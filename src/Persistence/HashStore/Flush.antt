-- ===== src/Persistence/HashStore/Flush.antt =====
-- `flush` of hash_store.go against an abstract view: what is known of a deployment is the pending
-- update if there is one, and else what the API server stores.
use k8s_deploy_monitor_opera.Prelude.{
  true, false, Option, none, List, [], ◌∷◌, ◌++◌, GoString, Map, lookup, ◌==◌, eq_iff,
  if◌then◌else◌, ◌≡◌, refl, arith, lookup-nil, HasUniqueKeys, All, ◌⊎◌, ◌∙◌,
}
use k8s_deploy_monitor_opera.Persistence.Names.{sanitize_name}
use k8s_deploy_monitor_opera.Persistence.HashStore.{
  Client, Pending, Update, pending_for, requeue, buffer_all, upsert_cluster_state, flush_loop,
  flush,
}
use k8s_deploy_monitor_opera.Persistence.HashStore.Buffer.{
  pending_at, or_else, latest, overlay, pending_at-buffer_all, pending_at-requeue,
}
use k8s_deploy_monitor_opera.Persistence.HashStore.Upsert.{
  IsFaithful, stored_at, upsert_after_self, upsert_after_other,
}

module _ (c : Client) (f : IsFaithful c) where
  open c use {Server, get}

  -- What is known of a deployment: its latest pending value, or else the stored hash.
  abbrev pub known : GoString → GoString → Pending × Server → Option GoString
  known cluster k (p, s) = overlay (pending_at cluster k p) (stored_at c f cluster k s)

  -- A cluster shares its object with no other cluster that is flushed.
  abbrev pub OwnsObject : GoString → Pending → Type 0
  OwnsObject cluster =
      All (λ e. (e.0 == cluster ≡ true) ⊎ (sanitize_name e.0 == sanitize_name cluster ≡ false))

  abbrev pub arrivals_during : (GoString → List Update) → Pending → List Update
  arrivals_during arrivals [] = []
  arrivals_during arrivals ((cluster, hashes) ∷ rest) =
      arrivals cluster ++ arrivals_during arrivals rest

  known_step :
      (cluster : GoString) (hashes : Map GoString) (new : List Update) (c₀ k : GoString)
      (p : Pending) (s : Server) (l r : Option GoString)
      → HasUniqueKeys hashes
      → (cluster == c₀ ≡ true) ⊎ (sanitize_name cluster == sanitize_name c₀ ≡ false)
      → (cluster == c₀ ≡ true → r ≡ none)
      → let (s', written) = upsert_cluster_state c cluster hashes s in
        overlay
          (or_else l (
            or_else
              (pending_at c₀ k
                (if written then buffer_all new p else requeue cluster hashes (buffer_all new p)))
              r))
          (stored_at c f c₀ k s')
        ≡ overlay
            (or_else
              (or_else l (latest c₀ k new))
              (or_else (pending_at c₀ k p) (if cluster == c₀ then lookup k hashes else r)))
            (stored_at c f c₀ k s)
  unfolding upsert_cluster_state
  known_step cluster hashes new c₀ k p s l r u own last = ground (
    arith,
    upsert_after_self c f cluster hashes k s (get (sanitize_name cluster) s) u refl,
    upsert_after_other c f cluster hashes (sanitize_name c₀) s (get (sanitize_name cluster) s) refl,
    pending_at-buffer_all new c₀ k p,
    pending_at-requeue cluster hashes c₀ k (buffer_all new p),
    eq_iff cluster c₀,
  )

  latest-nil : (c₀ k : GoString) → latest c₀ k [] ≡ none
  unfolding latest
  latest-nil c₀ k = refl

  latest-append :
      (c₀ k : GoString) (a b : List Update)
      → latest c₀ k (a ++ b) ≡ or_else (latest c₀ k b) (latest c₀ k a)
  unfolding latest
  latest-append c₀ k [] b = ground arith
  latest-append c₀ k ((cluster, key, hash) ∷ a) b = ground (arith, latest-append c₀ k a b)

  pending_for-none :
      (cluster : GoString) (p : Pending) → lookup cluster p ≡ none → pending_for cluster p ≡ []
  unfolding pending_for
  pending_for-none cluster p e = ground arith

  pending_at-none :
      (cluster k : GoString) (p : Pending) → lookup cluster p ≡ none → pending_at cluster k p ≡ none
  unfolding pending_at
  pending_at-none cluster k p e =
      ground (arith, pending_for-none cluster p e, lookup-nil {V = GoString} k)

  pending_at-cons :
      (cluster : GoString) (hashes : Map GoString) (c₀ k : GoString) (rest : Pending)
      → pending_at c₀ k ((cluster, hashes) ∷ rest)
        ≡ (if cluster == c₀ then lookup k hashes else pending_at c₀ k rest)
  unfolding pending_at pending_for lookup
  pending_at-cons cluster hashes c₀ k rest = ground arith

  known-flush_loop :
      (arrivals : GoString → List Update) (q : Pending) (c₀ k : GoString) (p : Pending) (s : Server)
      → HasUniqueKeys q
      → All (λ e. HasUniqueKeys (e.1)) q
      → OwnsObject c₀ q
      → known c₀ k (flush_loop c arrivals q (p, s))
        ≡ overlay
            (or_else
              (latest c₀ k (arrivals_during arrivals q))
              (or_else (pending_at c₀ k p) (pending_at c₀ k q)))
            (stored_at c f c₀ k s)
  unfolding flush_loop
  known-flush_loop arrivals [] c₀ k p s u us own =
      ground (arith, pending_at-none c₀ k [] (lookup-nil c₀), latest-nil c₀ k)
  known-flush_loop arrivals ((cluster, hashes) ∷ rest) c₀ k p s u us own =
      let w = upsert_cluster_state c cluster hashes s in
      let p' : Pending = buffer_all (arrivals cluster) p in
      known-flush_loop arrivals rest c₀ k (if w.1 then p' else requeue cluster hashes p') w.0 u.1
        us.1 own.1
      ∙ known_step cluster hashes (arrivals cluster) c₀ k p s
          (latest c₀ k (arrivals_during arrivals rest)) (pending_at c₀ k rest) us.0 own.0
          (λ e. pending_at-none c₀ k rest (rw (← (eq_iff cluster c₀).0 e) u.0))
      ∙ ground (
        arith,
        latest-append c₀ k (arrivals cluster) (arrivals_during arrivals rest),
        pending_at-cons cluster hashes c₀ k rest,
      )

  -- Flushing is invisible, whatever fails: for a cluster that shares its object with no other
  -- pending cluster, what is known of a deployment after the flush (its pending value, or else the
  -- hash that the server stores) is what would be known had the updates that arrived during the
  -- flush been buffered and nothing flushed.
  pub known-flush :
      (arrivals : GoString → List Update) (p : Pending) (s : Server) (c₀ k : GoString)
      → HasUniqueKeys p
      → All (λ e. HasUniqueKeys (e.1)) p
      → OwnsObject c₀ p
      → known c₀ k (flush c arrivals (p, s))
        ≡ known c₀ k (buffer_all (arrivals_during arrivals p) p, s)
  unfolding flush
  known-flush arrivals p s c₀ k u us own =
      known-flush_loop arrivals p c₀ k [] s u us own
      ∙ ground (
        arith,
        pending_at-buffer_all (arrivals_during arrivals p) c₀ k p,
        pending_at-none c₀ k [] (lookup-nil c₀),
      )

—————

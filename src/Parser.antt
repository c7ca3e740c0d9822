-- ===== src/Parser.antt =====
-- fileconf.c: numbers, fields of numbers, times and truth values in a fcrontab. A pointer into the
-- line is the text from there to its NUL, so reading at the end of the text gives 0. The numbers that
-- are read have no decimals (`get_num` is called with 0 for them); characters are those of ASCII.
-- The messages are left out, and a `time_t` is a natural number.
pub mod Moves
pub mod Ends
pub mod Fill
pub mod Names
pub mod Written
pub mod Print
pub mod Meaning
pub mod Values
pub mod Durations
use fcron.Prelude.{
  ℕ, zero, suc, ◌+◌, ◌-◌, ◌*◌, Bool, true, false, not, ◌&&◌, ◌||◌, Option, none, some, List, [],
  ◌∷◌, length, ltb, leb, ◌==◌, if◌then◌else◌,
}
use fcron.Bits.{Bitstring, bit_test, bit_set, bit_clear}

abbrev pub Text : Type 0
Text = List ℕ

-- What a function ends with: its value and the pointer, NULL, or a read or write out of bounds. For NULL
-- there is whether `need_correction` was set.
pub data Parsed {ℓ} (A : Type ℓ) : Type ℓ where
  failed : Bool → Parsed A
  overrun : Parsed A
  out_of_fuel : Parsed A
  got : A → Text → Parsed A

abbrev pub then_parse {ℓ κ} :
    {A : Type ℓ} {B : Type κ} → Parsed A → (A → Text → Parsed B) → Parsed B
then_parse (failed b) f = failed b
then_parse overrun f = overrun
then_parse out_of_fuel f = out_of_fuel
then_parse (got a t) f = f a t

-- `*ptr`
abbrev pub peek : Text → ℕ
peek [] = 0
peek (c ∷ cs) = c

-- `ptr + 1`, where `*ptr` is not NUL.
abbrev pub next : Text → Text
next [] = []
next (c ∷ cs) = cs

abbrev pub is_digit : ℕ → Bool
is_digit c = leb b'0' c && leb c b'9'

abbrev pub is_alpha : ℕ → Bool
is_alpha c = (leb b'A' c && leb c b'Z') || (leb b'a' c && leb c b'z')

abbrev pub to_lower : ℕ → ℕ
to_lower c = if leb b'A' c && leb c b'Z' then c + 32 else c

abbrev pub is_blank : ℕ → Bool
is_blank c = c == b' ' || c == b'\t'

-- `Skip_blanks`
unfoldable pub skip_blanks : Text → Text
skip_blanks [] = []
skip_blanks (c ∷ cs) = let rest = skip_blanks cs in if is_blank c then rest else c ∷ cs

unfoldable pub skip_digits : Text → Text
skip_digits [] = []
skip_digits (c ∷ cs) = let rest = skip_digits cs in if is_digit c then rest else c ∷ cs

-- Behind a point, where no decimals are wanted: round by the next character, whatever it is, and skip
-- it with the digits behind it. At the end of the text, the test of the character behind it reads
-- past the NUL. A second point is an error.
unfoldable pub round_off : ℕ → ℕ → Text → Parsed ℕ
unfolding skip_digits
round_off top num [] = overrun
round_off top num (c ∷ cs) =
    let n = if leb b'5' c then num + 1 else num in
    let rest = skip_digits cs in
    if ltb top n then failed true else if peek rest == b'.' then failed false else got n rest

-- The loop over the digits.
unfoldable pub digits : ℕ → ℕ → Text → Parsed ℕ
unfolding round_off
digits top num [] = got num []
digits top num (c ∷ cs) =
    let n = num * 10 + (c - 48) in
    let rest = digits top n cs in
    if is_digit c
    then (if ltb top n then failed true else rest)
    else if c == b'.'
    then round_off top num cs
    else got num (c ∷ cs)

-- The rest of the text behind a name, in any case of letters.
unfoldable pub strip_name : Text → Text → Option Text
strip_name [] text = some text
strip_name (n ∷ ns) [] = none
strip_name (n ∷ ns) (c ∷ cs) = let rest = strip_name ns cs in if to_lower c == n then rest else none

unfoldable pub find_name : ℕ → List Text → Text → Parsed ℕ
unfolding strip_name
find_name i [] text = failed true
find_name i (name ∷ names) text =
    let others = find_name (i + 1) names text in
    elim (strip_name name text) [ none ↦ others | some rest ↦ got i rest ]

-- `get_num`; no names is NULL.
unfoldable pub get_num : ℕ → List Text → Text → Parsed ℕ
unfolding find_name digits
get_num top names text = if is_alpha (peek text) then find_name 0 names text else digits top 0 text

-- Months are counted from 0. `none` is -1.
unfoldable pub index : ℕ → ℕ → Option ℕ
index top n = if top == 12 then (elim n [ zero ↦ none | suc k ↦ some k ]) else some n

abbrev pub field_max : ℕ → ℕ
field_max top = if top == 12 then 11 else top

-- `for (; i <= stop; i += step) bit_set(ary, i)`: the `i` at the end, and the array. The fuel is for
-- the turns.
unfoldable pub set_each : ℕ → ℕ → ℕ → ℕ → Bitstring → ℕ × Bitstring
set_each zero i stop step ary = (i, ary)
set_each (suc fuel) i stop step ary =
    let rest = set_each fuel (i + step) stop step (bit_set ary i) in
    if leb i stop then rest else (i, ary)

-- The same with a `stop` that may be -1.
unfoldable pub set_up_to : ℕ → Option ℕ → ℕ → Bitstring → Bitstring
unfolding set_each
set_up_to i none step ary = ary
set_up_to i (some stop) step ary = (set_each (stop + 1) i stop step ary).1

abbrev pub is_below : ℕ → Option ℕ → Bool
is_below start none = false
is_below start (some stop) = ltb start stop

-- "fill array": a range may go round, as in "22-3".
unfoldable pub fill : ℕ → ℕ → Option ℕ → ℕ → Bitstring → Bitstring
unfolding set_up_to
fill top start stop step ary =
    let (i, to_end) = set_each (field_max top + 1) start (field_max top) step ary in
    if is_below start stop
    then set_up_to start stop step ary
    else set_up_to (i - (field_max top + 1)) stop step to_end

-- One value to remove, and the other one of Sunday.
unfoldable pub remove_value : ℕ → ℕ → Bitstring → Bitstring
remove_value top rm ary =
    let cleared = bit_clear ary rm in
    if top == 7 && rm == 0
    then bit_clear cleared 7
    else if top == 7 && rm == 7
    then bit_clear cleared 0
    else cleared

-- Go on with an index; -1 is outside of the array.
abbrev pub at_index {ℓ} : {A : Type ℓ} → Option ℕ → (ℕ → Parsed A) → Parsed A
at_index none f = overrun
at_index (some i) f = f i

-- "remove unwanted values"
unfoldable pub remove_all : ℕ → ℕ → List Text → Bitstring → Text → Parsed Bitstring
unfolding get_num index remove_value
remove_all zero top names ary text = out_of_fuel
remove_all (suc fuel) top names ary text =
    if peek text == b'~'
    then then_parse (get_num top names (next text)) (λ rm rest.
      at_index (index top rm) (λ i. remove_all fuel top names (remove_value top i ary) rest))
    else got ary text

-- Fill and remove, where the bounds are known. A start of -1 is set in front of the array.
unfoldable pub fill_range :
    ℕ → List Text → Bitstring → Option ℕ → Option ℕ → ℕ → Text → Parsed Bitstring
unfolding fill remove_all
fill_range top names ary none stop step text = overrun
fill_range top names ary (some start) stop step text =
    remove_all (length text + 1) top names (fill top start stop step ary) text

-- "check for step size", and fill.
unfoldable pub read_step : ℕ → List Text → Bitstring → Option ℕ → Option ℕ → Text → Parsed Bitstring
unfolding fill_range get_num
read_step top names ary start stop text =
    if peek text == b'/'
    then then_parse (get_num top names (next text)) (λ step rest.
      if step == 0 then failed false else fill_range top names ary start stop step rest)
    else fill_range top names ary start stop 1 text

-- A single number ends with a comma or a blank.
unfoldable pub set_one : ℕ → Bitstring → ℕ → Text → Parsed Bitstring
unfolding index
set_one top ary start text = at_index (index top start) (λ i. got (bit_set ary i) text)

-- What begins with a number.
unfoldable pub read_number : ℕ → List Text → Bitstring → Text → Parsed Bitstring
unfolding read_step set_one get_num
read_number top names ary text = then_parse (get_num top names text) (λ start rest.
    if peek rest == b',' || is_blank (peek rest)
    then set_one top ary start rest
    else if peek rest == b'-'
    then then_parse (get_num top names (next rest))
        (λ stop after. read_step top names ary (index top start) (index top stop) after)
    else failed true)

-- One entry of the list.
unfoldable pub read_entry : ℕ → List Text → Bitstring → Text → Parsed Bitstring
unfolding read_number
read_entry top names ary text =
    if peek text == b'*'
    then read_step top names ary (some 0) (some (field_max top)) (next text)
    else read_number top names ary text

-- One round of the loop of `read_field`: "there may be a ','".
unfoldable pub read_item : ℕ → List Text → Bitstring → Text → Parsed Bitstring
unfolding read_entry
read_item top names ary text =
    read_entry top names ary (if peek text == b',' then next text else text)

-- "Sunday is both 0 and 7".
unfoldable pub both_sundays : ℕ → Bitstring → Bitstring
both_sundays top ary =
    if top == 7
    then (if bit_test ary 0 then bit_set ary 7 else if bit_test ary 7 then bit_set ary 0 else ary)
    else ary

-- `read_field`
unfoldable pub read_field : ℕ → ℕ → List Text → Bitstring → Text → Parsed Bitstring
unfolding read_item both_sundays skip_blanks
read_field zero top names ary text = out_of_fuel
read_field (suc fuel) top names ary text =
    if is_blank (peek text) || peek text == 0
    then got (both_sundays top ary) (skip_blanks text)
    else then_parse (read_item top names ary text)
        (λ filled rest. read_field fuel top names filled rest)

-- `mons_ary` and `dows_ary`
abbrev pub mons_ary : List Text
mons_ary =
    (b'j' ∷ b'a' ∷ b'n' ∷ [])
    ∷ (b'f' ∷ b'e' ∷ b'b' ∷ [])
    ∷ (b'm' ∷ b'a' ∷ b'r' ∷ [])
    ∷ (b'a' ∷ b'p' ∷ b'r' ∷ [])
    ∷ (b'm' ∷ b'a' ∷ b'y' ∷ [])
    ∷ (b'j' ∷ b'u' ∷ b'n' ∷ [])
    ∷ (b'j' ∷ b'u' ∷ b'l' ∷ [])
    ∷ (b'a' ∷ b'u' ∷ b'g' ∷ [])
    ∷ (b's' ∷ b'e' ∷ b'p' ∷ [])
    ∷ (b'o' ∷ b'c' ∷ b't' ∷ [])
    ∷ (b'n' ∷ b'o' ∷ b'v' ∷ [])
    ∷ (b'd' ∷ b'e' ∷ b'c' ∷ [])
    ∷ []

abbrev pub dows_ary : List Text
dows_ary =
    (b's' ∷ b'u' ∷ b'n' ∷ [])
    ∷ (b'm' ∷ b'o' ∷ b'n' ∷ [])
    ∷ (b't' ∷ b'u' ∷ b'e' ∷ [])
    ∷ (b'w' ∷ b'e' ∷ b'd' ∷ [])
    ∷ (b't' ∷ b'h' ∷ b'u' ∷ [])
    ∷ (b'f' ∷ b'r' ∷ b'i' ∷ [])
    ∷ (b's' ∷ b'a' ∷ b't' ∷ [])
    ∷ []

—————

## Task directions
Go through the data above and return each line containing the string "ground".

## Response area
  known_step cluster hashes new c₀ k p s l r u own last = ground (
  latest-append c₀ k [] b = ground arith
  latest-append c₀ k ((cluster, key, hash) ∷ a) b = ground (arith, latest-append c₀ k a b)
  pending_for-none cluster p e = ground arith
      ground (arith, pending_for-none cluster p e, lookup-nil {V = GoString} k)
  pending_at-cons cluster hashes c₀ k rest = ground arith
      ground (arith, pending_at-none c₀ k [] (lookup-nil c₀), latest-nil c₀ k)
      ∙ ground (
      ∙ ground (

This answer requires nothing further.